(Stored items from a collection)
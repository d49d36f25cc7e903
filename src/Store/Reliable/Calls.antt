-- ===== src/Store/Reliable/Calls.antt =====
-- The statements that succeed over a database that answers.
use model_registry_service.Base.{String, ◌≡◌, refl, ap, some}
use model_registry_service.Domain.Traffic.{Uuid, Time, TrafficVariant, TrafficConfig}
use model_registry_service.Domain.Serving.{InferenceService, ServingEnvironment}
use model_registry_service.Domain.Registry.{RegisteredModel}
use model_registry_service.Store.World.{Oracle, World, tick, reach_database, time_now, wrapping}
use model_registry_service.Store.Silent.{SameTables-trans, At}
use model_registry_service.Store.Hoare.{Hoare, Hoare-bind, Hoare-wrapping, Hoare-pure}
use model_registry_service.Store.Reliable.{Never, Answers, passes, finds, reads, finds_last}
use model_registry_service.Store.Configs.{config_row, config_get_by_id}
use model_registry_service.Store.Variants.{
  rows_of, row_by_id, update_rows, variant_list_by_config, variant_update,
}
use model_registry_service.Store.Variants.Writes.{Fits}
use model_registry_service.Store.Serving.{
  isvc_row, isvc_get_by_id, environment_row, env_get_by_id, model_row, model_get_by_id,
  load_version_meta,
}

module _ (E : Oracle) (up : Answers E) (t : World) where
  pub ticks : Hoare (At t) tick (λ _. At t) Never
  unfolding tick
  ticks = record {
    at = λ w p.
        SameTables-trans
          (record {
            configs = refl;
            variants = refl;
            services = refl;
            serve_models = refl;
            environments = refl;
            versions = refl;
            models = refl;
          })
          p;
  }

  pub reaches : (text : String) → Hoare (At t) (wrapping text (reach_database E)) (λ _. At t) Never
  unfolding reach_database
  reaches text = Hoare-wrapping text (Hoare-bind ticks λ k. passes (E.database_fails k) _ (up k))

  -- A model that is in the table is returned.
  pub model_get_by_id-found :
      (p id : Uuid) (m : RegisteredModel)
      → model_row p id t.models ≡ some m
      → Hoare (At t) (model_get_by_id E p id) (λ r w. At t w × (r.state ≡ m.state)) Never
  unfolding model_get_by_id load_version_meta
  model_get_by_id-found p id m h = Hoare-bind (reaches _) λ _.
      reads _ _ t.models (λ w s. s.models)
        (finds _ _ _ m h (
          reads _ _ t.versions (λ w s. s.versions)
            (Hoare-bind (reaches _) λ _.
              reads _ _ t.versions (λ w s. s.versions)
                (Hoare-bind (reaches _) λ _. Hoare-pure _ (λ w s. (s, refl))))))

  -- A service and an environment that are in their tables are returned.
  pub isvc_get_by_id-found :
      (p id : Uuid) (s : InferenceService)
      → isvc_row p id t.services ≡ some s
      → Hoare (At t) (isvc_get_by_id E p id) (λ r w. At t w × (r ≡ s)) Never
  unfolding isvc_get_by_id
  isvc_get_by_id-found p id s h =
      Hoare-bind (reaches _)
        λ _. reads _ _ t.services (λ w same. same.services) (finds_last _ _ s h)

  pub env_get_by_id-found :
      (p id : Uuid) (e : ServingEnvironment)
      → environment_row p id t.environments ≡ some e
      → Hoare (At t) (env_get_by_id E p id) (λ r w. At t w × (r ≡ e)) Never
  unfolding env_get_by_id
  env_get_by_id-found p id e h =
      Hoare-bind (reaches _)
        λ _. reads _ _ t.environments (λ w same. same.environments) (finds_last _ _ e h)

  pub variant_list_by_config-rows :
      (id : Uuid)
      → Hoare
          (At t)
          (variant_list_by_config E id)
          (λ r w. At t w × (r ≡ rows_of id t.variants))
          Never
  unfolding variant_list_by_config
  variant_list_by_config-rows id =
      Hoare-bind (reaches _) λ _. record { at = λ w same. (same, ap (rows_of id) same.variants) }

  pub config_get_by_id-found :
      (p id : Uuid) (c : TrafficConfig)
      → config_row p id t.configs ≡ some c
      → Hoare (At t) (config_get_by_id E p id) (λ r w. At t w × (r ≡ c)) Never
  unfolding config_get_by_id
  config_get_by_id-found p id c h =
      Hoare-bind (reaches _) λ _. reads _ _ t.configs (λ w same. same.configs) (finds_last _ _ c h)

  pub clock : Hoare (At t) (time_now E) (λ _. At t) Never
  unfolding time_now
  clock = Hoare-bind ticks λ k. Hoare-pure _ (λ w same. same)

  -- A row of a variant that is there and meets the constraints is rewritten.
  pub variant_update-Fits :
      (v row : TrafficVariant)
      → row_by_id v.id t.variants ≡ some row
      → Fits E row.traffic_config_id v t.variants
      → Hoare
          (At t)
          (variant_update E v)
          (λ _ w. (now : Time) × At (record t { variants = update_rows now v t.variants }) w)
          Never
  unfolding variant_update
  variant_update-Fits v row found fits = Hoare-bind (reaches _) λ _.
      reads _ _ t.variants (λ w same. same.variants)
        (finds _ _ _ row found (
          Hoare-bind
            (Hoare-wrapping _ (
              Hoare-bind (passes _ _ fits.texts)
                λ _. Hoare-bind (passes _ _ fits.weight) λ _. passes _ _ fits.name))
            λ _. Hoare-bind clock λ now. record {
              at = λ w same. (
                now,
                record {
                  configs = same.configs;
                  variants = refl;
                  services = same.services;
                  serve_models = same.serve_models;
                  environments = same.environments;
                  versions = same.versions;
                  models = same.models;
                },
              );
            }))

Exercise goal: Across the entries, state how many lines contain "Calls", giving the number only.

Task solution: 2